To American cyber-libertarians, who had hoped that the Internet would spread their free-speech gospel 
around the world, this is horrifying. Yahoo! is appealing against the French decision, because it sets a 
precedent that would require websites to filter their content to avoid breaking country-specific laws. It 
would also have a chilling effect on free speech, since a page posted online in one country might break 
the laws of another. Enforcing a judgment against the original publisher might not be possible, but EU 
countries have already agreed to enforce each other's laws under the Brussels Convention, and there are 
moves afoot to extend this scheme to other countries too, at least in the areas of civil and commercial
law, under the auspices of the Hague Convention. 
It is true that filtering and geolocation are not watertight, and can be circumvented by skilled users. 
Filters and firewalls can be defeated by dialling out to an overseas Internet access-provider; geolocation 
can be fooled by accessing sites via another computer in another country. E-mail can be encrypted. But 
while dedicated dissidents will be prepared to go to all this trouble, many Internet users are unable to 
change their browsers' home pages, let alone resort to these sorts of measures. So it seems unlikely that 
the libertarian ethos of the Internet will trickle very far down in countries with authoritarian regimes. The 
upshot is that local laws are already being applied on the Internet. Old-style geographical borders are 
proving surprisingly resilient.  
 
Getting real 
In some ways this is a shame, in others not. It is certainly a pity that the Internet has not turned out to 
be quite the force for freedom that it once promised to be. But in many ways, the imposition of local 
rules may be better than the alternatives: no regulation at all, or a single set of rules for the whole world.

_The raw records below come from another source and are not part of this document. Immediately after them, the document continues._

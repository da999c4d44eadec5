-- ===== src/StatusList/Tombstones.antt =====
-- The tombstone that a revocation writes, and that no later operation removes.
use minister.Common.{
  ℕ, String, ◌≡◌, refl, ap, ◌∙◌, inl, inr, true, Option, none, some, List, [], ◌∷◌, Bool-cases, In,
  In-nil, here, there, Entries, lookup, lookup-insert, string_eq, same_refl, ◌==◌,
}
use minister.StatusList.Registry.{
  StatusEntry, ShardRow, Registry, AllocatedStatus, roll, is_set, add_entry, allocate_new,
  allocate_or, allocate_status_entry, upsert_revocation, revoke_status_anchor, Call, allocate_call,
  revoke_call, perform, perform_all,
}

-- An anchor that is revoked, with all its entries.
unfoldable pub IsDead : String → Registry → Type 0
IsDead anchor store =
    (is_set (lookup store.revocations anchor) ≡ true)
    × ((e : StatusEntry)
        → In e store.entries
        → e.status_anchor ≡ anchor
        → is_set e.revoked_at ≡ true)

-- The tombstones that a state has, a later one has too.
upsert-stays :
    (found : Option ℕ) (now : ℕ) (anchor k : String) (revocations : Entries String ℕ)
    → lookup revocations anchor ≡ found
    → is_set (lookup revocations k) ≡ true
    → is_set (lookup (upsert_revocation found now anchor revocations) k) ≡ true
unfolding upsert_revocation is_set
upsert-stays (some t) now anchor k revocations e h = h
upsert-stays none now anchor k revocations e h =
    rw (lookup-insert revocations anchor k now)
      (elim (Bool-cases (anchor == k)) [ inl same ↦ rw same refl | inr differs ↦ rw differs h ])

upsert-own :
    (found : Option ℕ) (now : ℕ) (anchor : String) (revocations : Entries String ℕ)
    → lookup revocations anchor ≡ found
    → is_set (lookup (upsert_revocation found now anchor revocations) anchor) ≡ true
unfolding upsert_revocation is_set
upsert-own (some t) now anchor revocations e = rw e refl
upsert-own none now anchor revocations e =
    rw (lookup-insert revocations anchor anchor now, same_refl anchor) refl

add_entry-revocations :
    (now : ℕ) (revoked_at : Option ℕ) (e : Option StatusEntry) (shards : List ShardRow)
    (store : Registry)
    → (add_entry now revoked_at e shards store).1.revocations ≡ store.revocations
unfolding add_entry
add_entry-revocations now revoked_at none shards store = refl
add_entry-revocations now revoked_at (some e) shards store = refl

roll-revocations :
    (now : ℕ) (revoked_at : Option ℕ) (e : Option StatusEntry) (shards : List ShardRow)
    (store : Registry) (next : Option AllocatedStatus × Registry)
    → next.1.revocations ≡ store.revocations
    → (roll now revoked_at e shards store next).1.revocations ≡ store.revocations
unfolding roll
roll-revocations now revoked_at none shards store next h = h
roll-revocations now revoked_at (some e) shards store next h =
    add_entry-revocations now revoked_at (some e) shards store

allocate_or-revocations :
    (found : Option AllocatedStatus) (now : ℕ) (anchor client : String) (revoked_at : Option ℕ)
    (new : Option AllocatedStatus × Registry) (store : Registry)
    → new.1.revocations ≡ store.revocations
    → (allocate_or found now anchor client revoked_at new store).1.revocations ≡ store.revocations
unfolding allocate_or
allocate_or-revocations (some place) now anchor client revoked_at new store h = refl
allocate_or-revocations none now anchor client revoked_at new store h = h

perform-stays :
    (now : ℕ) (call : Call) (store : Registry) (k : String)
    → is_set (lookup store.revocations k) ≡ true
    → is_set (lookup (perform now call store).revocations k) ≡ true
unfolding perform allocate_status_entry allocate_new revoke_status_anchor
perform-stays now (allocate_call id next_id draws more anchor client) store k h =
    ap (λ rs. is_set (lookup rs k))
      (allocate_or-revocations _ now anchor client _ _ store
        (roll-revocations now _ _ _ store _ (add_entry-revocations now _ _ _ store)))
    ∙ h
perform-stays now (revoke_call jitter anchor) store k h =
    upsert-stays (lookup store.revocations anchor) now anchor k store.revocations refl h

perform_all-stays :
    (calls : List (ℕ × Call)) (store : Registry) (k : String)
    → is_set (lookup store.revocations k) ≡ true
    → is_set (lookup (perform_all calls store).revocations k) ≡ true
unfolding perform_all
perform_all-stays [] store k h = h
perform_all-stays ((now, call) ∷ calls) store k h =
    perform_all-stays calls (perform now call store) k (perform-stays now call store k h)

pub perform_all-revoked :
    (calls : List (ℕ × Call)) (store : Registry) (now : ℕ) (jitter : StatusEntry → ℕ)
    (anchor : String)
    → In (now, revoke_call jitter anchor) calls
    → is_set (lookup (perform_all calls store).revocations anchor) ≡ true
unfolding perform_all perform revoke_status_anchor
perform_all-revoked [] store now jitter anchor m = absurd (In-nil m)
perform_all-revoked (c ∷ calls) store now jitter anchor here =
    perform_all-stays calls (revoke_status_anchor jitter now anchor store) anchor
      (upsert-own (lookup store.revocations anchor) now anchor store.revocations refl)
perform_all-revoked ((t, call) ∷ calls) store now jitter anchor (there m) =
    perform_all-revoked calls (perform t call store) now jitter anchor m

A complete lack of regulation gives a free hand to cheats and criminals, and expecting countries with 
different cultural values to agree upon even a set of lowest-common-denominator rules is unrealistic. In 
some areas, maybe, such as extradition and consumer protection, some countries or groups of countries 
may be able to agree on common rules. But more controversial matters such as free speech, 
pornography and gambling are best regulated locally, even if that means some countries imposing laws 
that cyber-libertarians object to. 
Figuring out whose laws apply will not always be easy, and thrashing all of this out will take years. But it 
will be reassuring for consumers and businesses alike to know that online transactions are governed and 
protected by laws. The likely outcome is that, like shipping and aviation, the Internet will be subject to a 
patchwork of overlapping regulations, with local laws that respect local sensibilities, supplemented by 
higher-level rules governing cross-border transactions and international standards. In that respect, the 
rules governing the Internet will end up like those governing the physical world. That was only to be 
expected. Though it is inspiring to think of the Internet as a placeless datasphere, the Internet is part of 
the real world. Like all frontiers, it was wild for a while, but policemen always show up eventually.